Exploiting Physics-Based Machine Learning to Quantify Geodynamic Effects – Insights from the Alpine Region
Abstract. Geodynamical processes are important to understand and assess the evolution of the Earth system as well as its natural resources. Given the wide range of characteristic spatial and temporal scales of geodynamic processes, their analysis routinely relies on computer-assisted numerical simulations. To provide reliable predictions such simulations need to consider a wide range of potential input parameters, material properties as they vary in space and time, in order to address associated uncertainties.
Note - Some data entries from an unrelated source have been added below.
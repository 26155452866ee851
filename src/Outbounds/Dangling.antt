-- ===== src/Outbounds/Dangling.antt =====
-- DeleteMany leaves no inbound that routes to an outbound that is not there.
use nexcore_x_ui.Prelude.{
  ℕ, String, Bool, true, false, ◌&&◌, ◌||◌, ◌≡◌, refl, sym, ◌∙◌, ap, ap₂, List, [], ◌∷◌, map, arith,
  str_eq, eq_iff, if◌then◌else◌, any, all, select_rows, update_rows, delete_rows, Bool-cases, inl,
  inr,
}
use nexcore_x_ui.Exec.{Exec, Result, ok, ◌>>=◌, ◌>>◌, when, pure, bind-eq-ok, transaction-ok}
use nexcore_x_ui.Model.{Inbound, Outbound}
use nexcore_x_ui.Table.Schemas.{Tables, Panel}
use nexcore_x_ui.Panel.{find_outbounds, delete_outbounds, update_inbounds}
use nexcore_x_ui.Panel.Effects.{to_exec-ok, store_outbounds-ok, update_inbounds-ok}
use nexcore_x_ui.Outbounds.{has_id, bound_to, unbound, delete_bound, delete_many, tag_of}

-- Every inbound goes out directly or to an outbound of the list.
abbrev pub routed : List Outbound → Inbound → Bool
routed os i = str_eq i.outbound_tag "" || any (λ o. str_eq o.tag i.outbound_tag) os

abbrev pub all_routed : List Inbound → List Outbound → Bool
all_routed is os = all (routed os) is

-- An outbound whose tag is not among those of the deleted ones stays.
stays :
    (p : Outbound → Bool) (e : String) (os : List Outbound)
    → any (λ o. str_eq o.tag e) os ≡ true
    → any (λ t. str_eq e t) (map tag_of (select_rows p os)) ≡ false
    → any (λ o. str_eq o.tag e) (delete_rows p os) ≡ true
stays p e [] h k = cc
stays p e (o ∷ os) h k = elim (Bool-cases (p o)) [
  | inl gone ↦
      (let parts : (str_eq e o.tag || any (λ t. str_eq e t) (map tag_of (select_rows p os)))
            ≡ false =
          rw gone at k in
        let other : str_eq o.tag e ≡ false = ground (arith, eq_iff e o.tag, eq_iff o.tag e) in
        rw gone (stays p e os (ground arith) (ground arith)))
  | inr left ↦
      (let none_gone : any (λ t. str_eq e t) (map tag_of (select_rows p os)) ≡ false =
          rw left at k in
        rw left (elim (Bool-cases (str_eq o.tag e)) [
          | inl here ↦ rw here refl
          | inr there ↦ rw there (stays p e os (ground arith) none_gone)
        ]))
]

unbound-routed :
    (p : Outbound → Bool) (os : List Outbound) (i : Inbound)
    → routed os i ≡ true
    → routed
        (delete_rows p os)
        (if bound_to (map tag_of (select_rows p os)) i then unbound i else i)
      ≡ true
unbound-routed p os i h = elim (Bool-cases (bound_to (map tag_of (select_rows p os)) i)) [
  | inl cut ↦ rw cut refl
  | inr free ↦ rw free (elim (Bool-cases (str_eq i.outbound_tag "")) [
    | inl direct ↦ rw direct refl
    | inr relayed ↦ rw relayed (stays p i.outbound_tag os (ground arith) free)
  ])
]

all_routed-delete :
    (p : Outbound → Bool) (os : List Outbound) (is : List Inbound)
    → all_routed is os ≡ true
    → all_routed
        (update_rows (bound_to (map tag_of (select_rows p os))) unbound is)
        (delete_rows p os)
      ≡ true
all_routed-delete p os [] h = refl
all_routed-delete p os (i ∷ is) h =
    ap₂ ◌&&◌ (unbound-routed p os i (ground arith)) (all_routed-delete p os is (ground arith))

update_none : (f : Inbound → Inbound) (is : List Inbound) → update_rows (bound_to []) f is ≡ is
update_none f [] = refl
update_none f (i ∷ is) = ap (◌∷◌ i) (update_none f is)

module _ (g : Tables) where
  -- The update of the inbounds is left out when no outbound was found; it would have changed none.
  unbind-ok :
      (rows : List Outbound) (s : Panel g) {t : Panel g}
      → when
          (any (λ _. true) rows)
          (update_inbounds g (bound_to (map tag_of rows)) unbound >> pure tt)
          s
        ≡ (ok tt, t)
      → (g.inbounds.rows t.inbounds
          ≡ update_rows (bound_to (map tag_of rows)) unbound (g.inbounds.rows s.inbounds))
        × (t.outbounds ≡ s.outbounds)
  unbind-ok [] s h = (
    ap (λ (r : Result (Unit {0}) × Panel g). g.inbounds.rows r.1.inbounds) (sym h)
        ∙ sym (update_none unbound (g.inbounds.rows s.inbounds)),
    ap (λ (r : Result (Unit {0}) × Panel g). r.1.outbounds) (sym h),
  )
  unbind-ok (o ∷ os) s {t} h =
      let (n, u, wrote, last) =
        bind-eq-ok (update_inbounds g (bound_to (map tag_of (o ∷ os))) unbound) (λ _. pure tt) s
          h in
      let (rows, count, frame) =
        update_inbounds-ok g (bound_to (map tag_of (o ∷ os))) unbound s wrote in
      let same : t ≡ u = ap (λ (r : Result (Unit {0}) × Panel g). r.1) (sym last) in
      (
        ap (λ (q : Panel g). g.inbounds.rows q.inbounds) same ∙ rows,
        ap (λ (q : Panel g). q.outbounds) (same ∙ frame),
      )

  delete_bound-rows :
      (ids : List ℕ) (s : Panel g) {n : ℕ} {t : Panel g}
      → delete_bound g ids s ≡ (ok n, t)
      → (g.inbounds.rows t.inbounds
          ≡ update_rows
              (bound_to (map tag_of (select_rows (has_id ids) (g.outbounds.rows s.outbounds))))
              unbound
              (g.inbounds.rows s.inbounds))
        × (g.outbounds.rows t.outbounds ≡ delete_rows (has_id ids) (g.outbounds.rows s.outbounds))
  unfolding delete_bound
  delete_bound-rows ids s {n} {t} h =
      let unbind : List Outbound → Exec (Panel g) (Unit {0}) = λ rows.
        when (any (λ _. true) rows)
          (update_inbounds g (bound_to (map tag_of rows)) unbound >> pure tt) in
      let (rows, u, found, rest) =
        bind-eq-ok (find_outbounds g (has_id ids))
          (λ rows. unbind rows >>= λ _. delete_outbounds g (has_id ids)) s h in
      let (sel, same) = to_exec-ok g (g.outbounds.select (has_id ids) s.outbounds) s found in
      let listed = g.outbounds.select-rows (has_id ids) s.outbounds sel in
      let (_, v, cut, last) =
        bind-eq-ok (unbind rows) (λ _. delete_outbounds g (has_id ids)) u rest in
      let (ins, outs) = unbind-ok rows u cut in
      let (tab, done, end) =
        store_outbounds-ok g (g.outbounds.delete (has_id ids) v.outbounds) v last in
      let gone = g.outbounds.delete-rows (has_id ids) v.outbounds done in
      (
        ap (λ (q : Panel g). g.inbounds.rows q.inbounds) end
            ∙ ins
            ∙ ap
                (λ (l : List Outbound).
                  update_rows (bound_to (map tag_of l)) unbound (g.inbounds.rows u.inbounds))
                listed
            ∙ ap
                (λ (q : Panel g).
                  update_rows
                    (bound_to
                      (map tag_of (select_rows (has_id ids) (g.outbounds.rows s.outbounds))))
                    unbound (g.inbounds.rows q.inbounds))
                same,
        ap (λ (q : Panel g). g.outbounds.rows q.outbounds) end
            ∙ gone
            ∙ ap (λ o. delete_rows (has_id ids) (g.outbounds.rows o))
                (outs ∙ ap (λ (q : Panel g). q.outbounds) same),
      )

  -- If every inbound goes out directly or to an outbound that is there, the same holds after a
  -- successful delete_many of the outbounds with the given ids.
  pub delete_many-routed :
      (ids : List ℕ) (s : Panel g) {n : ℕ} {t : Panel g}
      → all_routed (g.inbounds.rows s.inbounds) (g.outbounds.rows s.outbounds) ≡ true
      → delete_many g ids s ≡ (ok n, t)
      → all_routed (g.inbounds.rows t.inbounds) (g.outbounds.rows t.outbounds) ≡ true
  unfolding delete_many
  delete_many-routed [] s before h =
      ap
        (λ (r : Result ℕ × Panel g).
          all_routed (g.inbounds.rows r.1.inbounds) (g.outbounds.rows r.1.outbounds))
        (sym h)
      ∙ before
  delete_many-routed (id ∷ ids) s before h =
      let (ins, outs) =
        delete_bound-rows (id ∷ ids) s (transaction-ok (delete_bound g (id ∷ ids)) s h) in
      ap₂ all_routed ins outs
      ∙ all_routed-delete (has_id (id ∷ ids)) (g.outbounds.rows s.outbounds)
          (g.inbounds.rows s.inbounds) before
To obtain any quantifiable measure of these uncertainties is challenging both because of the high computational cost of the forward simulation and because data is typically limited to direct observations at the near surface and for the present day state. To account for both of these challenges, we present how to construct efficient and reliable surrogate models that are applicable to a wide range of geodynamic problems using a physics-based machine learning method. In this study, we apply our approach to the case study of the Alpine region, as a natural example for a complex geodynamic setting where several subduction slabs as imaged by tomographic methods interact below a heterogeneous lithosphere. We specifically develop surrogates for two sets of observables, topography and surface velocity, to provide models that can be used in probabilistic frameworks to validate the underlying model structure and parametrization. We additionally construct models for the deeper crustal and mantle domains of the model, to improve the system understanding. For this last family of models, we highlight different construction methods to develop models to either allow evaluations in the entirety of the 3D model or only at specific depth intervals.
Competing interests: Mauro Cacace is a member of the editorial board of the journal Geoscientific Model Development. The authors declare that they have no conflict of interest.